Les expériences passées ont montré que l’incapacité du Liban et les blocages historiques étaient principalement liés à une idéologie défaite, incarnée par ce parti qui a persisté pendant des décennies à travers une culture du déni et de l’hostilité envers Israël, tout en élevant un discours de désir irréaliste sans avoir jamais concrétisé ces ambitions ou créé une expérience surclassant Israël.
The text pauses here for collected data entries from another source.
-- ===== src/Runner/Turns.antt =====
-- harness/story_runner.py: when next_action hands out a task, and when a run is done.
use dc_ness.Base.{
  is_empty, string_eq, Bool, true, false, not, ◌||◌, Option, none, some, List, [], ◌∷◌, all, refl,
  ap, ◌∙◌, ◌≡◌, inl, inr, ◌↔◌, arith, eq_iff, Bool-cases, Option-cases, subst,
}
use dc_ness.Runner.Tasks.{Task, State, Result, ok}
use dc_ness.Runner.Choice.{pr_base_ref-ok, last_task-Contains}
use dc_ness.Runner.Actions.{
  Action, task_action, done, has_status, is_stopped, first_task, first_pending, last_task, progress,
  pending_action, final_action, stopped_action, open_action, live_action, next_from, next_action,
}

-- The task that an action hands out.
abbrev pub handed : Result Action → Option Task
handed (ok (task_action t p)) = some t
handed _ = none

-- Whether an action ends the run.
abbrev pub is_done : Result Action → Bool
is_done (ok (done story base tip p)) = true
is_done _ = false

first_task-none :
    (p : Task → Bool) (ts : List Task) → first_task p ts ≡ none → all (λ t. not (p t)) ts ≡ true
unfolding first_task
first_task-none p [] e = refl
first_task-none p (t ∷ ts) e = ground (arith, e, first_task-none p ts)

first_task-all :
    (p : Task → Bool) (ts : List Task) → all (λ t. not (p t)) ts ≡ true → first_task p ts ≡ none
unfolding first_task
first_task-all p [] e = refl
first_task-all p (t ∷ ts) e = ground (arith, e, first_task-all p ts)

first_task-some :
    (p : Task → Bool) (ts : List Task) (t : Task) → first_task p ts ≡ some t → p t ≡ true
unfolding first_task
first_task-some p [] t e = ground (arith, e)
first_task-some p (u ∷ us) t e = elim (Bool-cases (p u)) [
  | inl h ↦ subst (λ x. p x ≡ true) (ground (arith, e, h)) h
  | inr h ↦ first_task-some p us t (ground (arith, e, h))
]

first_pending-some :
    (previous before : Option Task) (ts : List Task) (t : Task)
    → first_pending previous ts ≡ some (before, t)
    → has_status "pending" t ≡ true
unfolding first_pending
first_pending-some previous before [] t e = ground (arith, e)
first_pending-some previous before (u ∷ us) t e = elim (Bool-cases (has_status "pending" u)) [
  | inl h ↦ subst (λ x. has_status "pending" x ≡ true) {x = u} {y = t} (ground (arith, e, h)) h
  | inr h ↦ first_pending-some (some u) before us t (ground (arith, e, h))
]

first_pending-none :
    (previous : Option Task) (ts : List Task)
    → all (λ t. not (has_status "pending" t)) ts ≡ true
    → first_pending previous ts ≡ none
unfolding first_pending
first_pending-none previous [] e = refl
first_pending-none previous (u ∷ us) e = ground (arith, e, first_pending-none (some u) us)

pending_action-handed :
    (s : State) (previous : Option Task) (t u : Task)
    → handed (pending_action s previous t) ≡ some u
    → t ≡ u
pending_action-handed s previous t u e = ground (arith, e)

final_action-handed : (s : State) (last : Option Task) → handed (final_action s last) ≡ none
final_action-handed s none = refl
final_action-handed s (some last) = ground arith

-- next_action hands out a task only when no task is
-- blocked or failed, and it is a running one or a pending one.
next_action-handed :
    (s : State) (t : Task)
    → handed (next_action s) ≡ some t
    → (all (λ u. not (is_stopped u)) s.tasks ≡ true)
      × ((has_status "running" t || has_status "pending" t) ≡ true)
unfolding next_action
next_action-handed s t w =
    go (first_task is_stopped s.tasks) (first_task (has_status "running") s.tasks)
      (first_pending none s.tasks) refl refl refl w
  where
    go :
        (stopped running : Option Task) (pending : Option (Option Task × Task))
        → first_task is_stopped s.tasks ≡ stopped
        → first_task (has_status "running") s.tasks ≡ running
        → first_pending none s.tasks ≡ pending
        → handed (elim stopped [
          | some x ↦ ok (stopped_action s x)
          | none ↦ elim running [
            | some y ↦ ok (task_action y (progress s))
            | none ↦ open_action s pending
          ]
        ])
          ≡ some t
        → (all (λ u. not (is_stopped u)) s.tasks ≡ true)
          × ((has_status "running" t || has_status "pending" t) ≡ true)
    go (some x) r q e e' e'' h = ground (arith, h)
    go none (some y) q e e' e'' h = (
      first_task-none is_stopped s.tasks e,
      subst (λ x. (has_status "running" x || has_status "pending" x) ≡ true) {x = y} {y = t}
          (ground (arith, h)) (ground (arith, first_task-some (has_status "running") s.tasks y e')),
    )
    go none none none e e' e'' h = ground (arith, h, final_action-handed s (last_task s.tasks))
    go none none (some (previous, u)) e e' e'' h = (
      first_task-none is_stopped s.tasks e,
      subst (λ x. (has_status "running" x || has_status "pending" x) ≡ true) {x = u} {y = t}
          (pending_action-handed s previous u t h)
          (ground (arith, first_pending-some none previous s.tasks u e'')),
    )

pending_action-is_done :
    (s : State) (previous : Option Task) (t : Task) → is_done (pending_action s previous t) ≡ false
pending_action-is_done s previous t = ground arith

final_action-is_done :
    (s : State) (last : Option Task)
    → is_done (final_action s last) ≡ true
    → all (has_status "completed") s.tasks ≡ true
final_action-is_done s none h = ground (arith, h)
final_action-is_done s (some last) h = ground (arith, h)

all_completed-running :
    (ts : List Task)
    → all (has_status "completed") ts ≡ true
    → (all (λ t. not (is_stopped t)) ts ≡ true)
      × (all (λ t. not (has_status "running" t)) ts ≡ true)
      × (all (λ t. not (has_status "pending" t)) ts ≡ true)
all_completed-running [] h = (refl, refl, refl)
all_completed-running (t ∷ ts) h =
    let rest = all_completed-running ts (ground (arith, h)) in
    let e : t.status ≡ "completed" = (eq_iff t.status "completed").0 (ground (arith, h)) in
    (rw (e, rest.0) refl, rw (e, rest.1) refl, rw (e, rest.2) refl)

last_task-some : (t : Task) (ts : List Task) → (u : Task) × (last_task (t ∷ ts) ≡ some u)
unfolding last_task
last_task-some t ts = elim (Option-cases (last_task ts)) [
  | inl e ↦ (t, rw (e) refl)
  | inr (u, e) ↦ (u, rw (e) refl)
]

done_by_last :
    (s : State) (t : Task)
    → last_task s.tasks ≡ some t
    → all (has_status "completed") s.tasks ≡ true
    → is_done (final_action s (some t)) ≡ true
done_by_last s t e h =
    let (base, resolved) = pr_base_ref-ok s t (last_task-Contains s.tasks t e) in
    rw (h, resolved) refl

finished_tasks :
    (s : State) (t : Task) (ts : List Task)
    → s.tasks ≡ t ∷ ts
    → all (has_status "completed") s.tasks ≡ true
    → is_done (next_action s) ≡ true
unfolding next_action
finished_tasks s t ts same h =
    let (no_stop, no_run, no_open) = all_completed-running s.tasks h in
    let (last, e) = last_task-some t ts in
    let at : last_task s.tasks ≡ some last = ap last_task same ∙ e in
    rw
      (
        first_task-all is_stopped s.tasks no_stop,
        first_task-all (has_status "running") s.tasks no_run,
        first_pending-none none s.tasks no_open,
        at,
      )
      (done_by_last s last at h)

open_action-is_done :
    (s : State) (r : Option (Option Task × Task))
    → is_done (open_action s r) ≡ true
    → is_done (final_action s (last_task s.tasks)) ≡ true
open_action-is_done s none h = h
open_action-is_done s (some (previous, t)) h =
    ground (arith, h, pending_action-is_done s previous t)

live_action-is_done :
    (s : State) (r : Option Task)
    → is_done (live_action s r) ≡ true
    → is_done (final_action s (last_task s.tasks)) ≡ true
live_action-is_done s none h = open_action-is_done s (first_pending none s.tasks) h
live_action-is_done s (some t) h = ground (arith, h)

next_from-is_done :
    (s : State) (r : Option Task)
    → is_done (next_from s r) ≡ true
    → is_done (final_action s (last_task s.tasks)) ≡ true
next_from-is_done s none h = live_action-is_done s (first_task (has_status "running") s.tasks) h
next_from-is_done s (some t) h = ground (arith, h)

final_action-nonempty :
    (s : State) (ts : List Task)
    → is_done (final_action s (last_task ts)) ≡ true
    → is_empty ts ≡ false
unfolding last_task
final_action-nonempty s [] h = ground (arith, h)
final_action-nonempty s (t ∷ ts) h = refl

done_run :
    (s : State)
    → is_done (next_action s) ≡ true
    → (is_empty s.tasks ≡ false) × (all (has_status "completed") s.tasks ≡ true)
unfolding next_action
done_run s h =
    let final = next_from-is_done s (first_task is_stopped s.tasks) h in
    (final_action-nonempty s s.tasks final, final_action-is_done s (last_task s.tasks) final)

completed_run :
    (s : State) (ts : List Task)
    → s.tasks ≡ ts
    → is_empty ts ≡ false
    → all (has_status "completed") s.tasks ≡ true
    → is_done (next_action s) ≡ true
completed_run s [] same h k = ground (arith, h)
completed_run s (t ∷ ts) same h k = finished_tasks s t ts same k

-- next_action says that the run is done exactly when it has tasks and all are completed.
pub next_action-is_done :
    (s : State)
    → (is_done (next_action s) ≡ true)
      ↔ ((is_empty s.tasks ≡ false) × (all (has_status "completed") s.tasks ≡ true))
next_action-is_done s = (done_run s, λ h. completed_run s s.tasks refl h.0 h.1)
Dans ce contexte, l’idée d’un « gouvernement technocratique » a émergé comme une solution temporaire susceptible de rétablir une partie de l’équilibre économique et politique du Liban. Un gouvernement composé de spécialistes que certains considèrent comme non-politiciens et non-partisans, mais qui depuis le début a dû faire face à une route semée d’embûches. Cet article examine l’expérience libanaise avec ce modèle de gouvernement, en se demandant quelles sont les opportunités et les problèmes qui l’entourent.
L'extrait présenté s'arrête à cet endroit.